Escapism – How the Y&R Helps my Bipolar Disorder

Life happens. There’s a lot that goes on. Good things like family, children, marriage, and friends; and not-so-good things like financial problems, work pressures, health issues and mental illness—any of these factors can cause stress in your life. Stress is a major factor in bringing about a bipolar episode—either mania or depression. So reducing stress for someone with bipolar is not only a good thing but a crucial thing.

When someone has bipolar, life can be overwhelming. There’s too much going on, or not enough. Everything is too loud, but you can’t hear a thing. The up and down of the mood cycle is exhausting. So, too, is putting on a face—wearing an emotional mask of sorts to hide true feelings. The fatigue and stress demand relief. I escape.

Everyone has different methods of escape. Escapism sometimes has a negative connotation. That is the case with some means, like drugs, alcohol, gambling, over-eating, etc. Even a positive means of escape can have negative results if you do it to excess. Like many things in life, escapism should be practised in moderation. For example, for some people surfing on the internet is not only enjoyable, but it allows you to get sucked in, to the point where you can spend your entire day surfing away. If this happened regularly it would obviously cause problems in your life.

The escapism I’m talking about is positive. It helps people. It helps people escape from their daily life and move to a place of mental stability. Your escape won’t make all your problems go away. But it will give you a break from reality—a break from the exhaustion and stress.

Escapism is a coping mechanism—something I can add to my arsenal of self-care. It is not something I do for long—maybe an hour a day, some days just moments. I don’t let any one thing take over my life. Some forms of escapism include: reading, music, video/on-line games, sports, crafts, movies/T.V., puzzles, gardening, driving, outdoors, exercise, anything creative, yoga, and meditation. I’m sure there are more.
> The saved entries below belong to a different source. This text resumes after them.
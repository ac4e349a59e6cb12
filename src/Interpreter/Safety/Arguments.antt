-- ===== src/Interpreter/Safety/Arguments.antt =====
-- The frame of a call in crates/syllog-interpreter/src/lib.rs, filled with the arguments, and the
-- target that a switch chooses.
use syllog.Prelude.{
  ℕ, ◌+◌, ◌<◌, ◌≡◌, refl, ◌∙◌, true, List, [], ◌∷◌, ◌++◌, map, Option, none, some, arith, length,
  set, replicate, length-set, length-replicate, Bool-cases, inl, inr, ◌==◌,
}
use syllog.Ir.Syntax.{BlockId, MirFunction}
use syllog.Ir.Verify.LocalSet.{LocalSet, contains, insert, range, contains-insert}
use syllog.Ir.Verify.Dataflow.{parameters}
use syllog.Ir.Verify.Dataflow.Fixpoint.{Subset}
use syllog.Interpreter.Value.{Value, Values, nil, cons, values_length}
use syllog.Interpreter.Machine.{done, Locals}
use syllog.Interpreter.Run.{fill, switch_target}
use syllog.Interpreter.Safety.Frame.{Covers, Covers-insert}

-- The locals that the arguments are written to, beside those of a set.
filled : ℕ → Values → LocalSet → LocalSet
filled index nil held = held
filled index (cons v vs) held = filled (index + 1) vs (insert held (index + 1))

filled-Subset : (index : ℕ) (vs : Values) (held : LocalSet) → Subset held (filled index vs held)
unfolding filled
filled-Subset index nil held l h = h
filled-Subset index (cons v vs) held l h =
    filled-Subset (index + 1) vs (insert held (index + 1)) l
      (ground (arith, contains-insert held (index + 1) l))

filled-range :
    (index : ℕ) (vs : Values) (held : LocalSet)
    → Subset (range (index + 1) (values_length vs)) (filled index vs held)
unfolding filled range contains
filled-range index nil held l h = absurd (cc)
filled-range index (cons v vs) held l h = elim (Bool-cases (index + 1 == l)) [
  | inl same ↦
      filled-Subset (index + 1) vs (insert held (index + 1)) l
        (ground (arith, contains-insert held (index + 1) l))
  | inr other ↦ filled-range (index + 1) vs (insert held (index + 1)) l (rw other at h)
]

-- Arguments that fit behind the return local are all written.
fill_lem :
    (index : ℕ) (vs : Values) (locals : Locals) (held : LocalSet)
    → index + values_length vs < length locals
    → Covers held locals
    → (t : Locals) × (fill index vs locals ≡ done t)
      × (length t ≡ length locals)
      × Covers (filled index vs held) t
unfolding fill filled
fill_lem index nil locals held fits h = (locals, refl, refl, h)
fill_lem index (cons v vs) locals held fits h =
    let (t, e, size, covers) =
      fill_lem (index + 1) vs (set locals (index + 1) (some v)) (insert held (index + 1))
        (omega (arith, length-set locals (index + 1) (some v)))
        (Covers-insert held locals (index + 1) v (omega arith) h) in
    (t, ground arith, size ∙ length-set locals (index + 1) (some v), covers)

-- A new frame with the arguments in it holds the parameters.
pub arguments_lem :
    (g : MirFunction) (vs : Values)
    → values_length vs ≡ g.parameter_count
    → g.parameter_count < length g.locals
    → (t : Locals) × (fill 0 vs (replicate (length g.locals) none) ≡ done t)
      × (length t ≡ length g.locals)
      × Covers (parameters g) t
unfolding parameters contains
arguments_lem g vs count fits =
    let size = length-replicate {A = Option Value} (length g.locals) none in
    let (t, e, size', covers) =
      fill_lem 0 vs (replicate (length g.locals) none) [] (omega arith) (λ l h. absurd (cc h)) in
    (t, e, size' ∙ size, λ l h. covers l (filled-range 0 vs [] l (rw count h)))

pub switch_target-successor :
    (n : ℕ) (targets : List (ℕ × BlockId)) (otherwise : BlockId)
    → contains (map (λ t. t.1) targets ++ otherwise ∷ []) (switch_target n targets otherwise) ≡ true
unfolding switch_target contains
switch_target-successor n [] otherwise = ground arith
switch_target-successor n ((candidate, target) ∷ targets) otherwise =
    elim (Bool-cases (candidate == n)) [
      | inl same ↦ rw same (ground arith)
      | inr other ↦ rw other (ground (arith, switch_target-successor n targets otherwise))
    ]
My escape comes in the form of a daily soap—The Young and the Restless. You may laugh and brush aside the abilities of a soap to help my bipolar disorder, but you shouldn’t. For that one hour I am immersed in the world that is Genoa City—the world where Victor and Nikki reign over everything Newman and pursue anything Abbott. It’s a world where I don’t hurt. I don’t have problems. And there’s no stress. I am swept away by the tales and woes of the Genoa city elite. And at the same time I am swept away from my worries and responsibilities of the day. Escape is more than something I allow myself, it is something I need.

Sort through the elements of your life and discover ways to bring some peace to your mind—some quiet to your life. Give yourself permission to escape.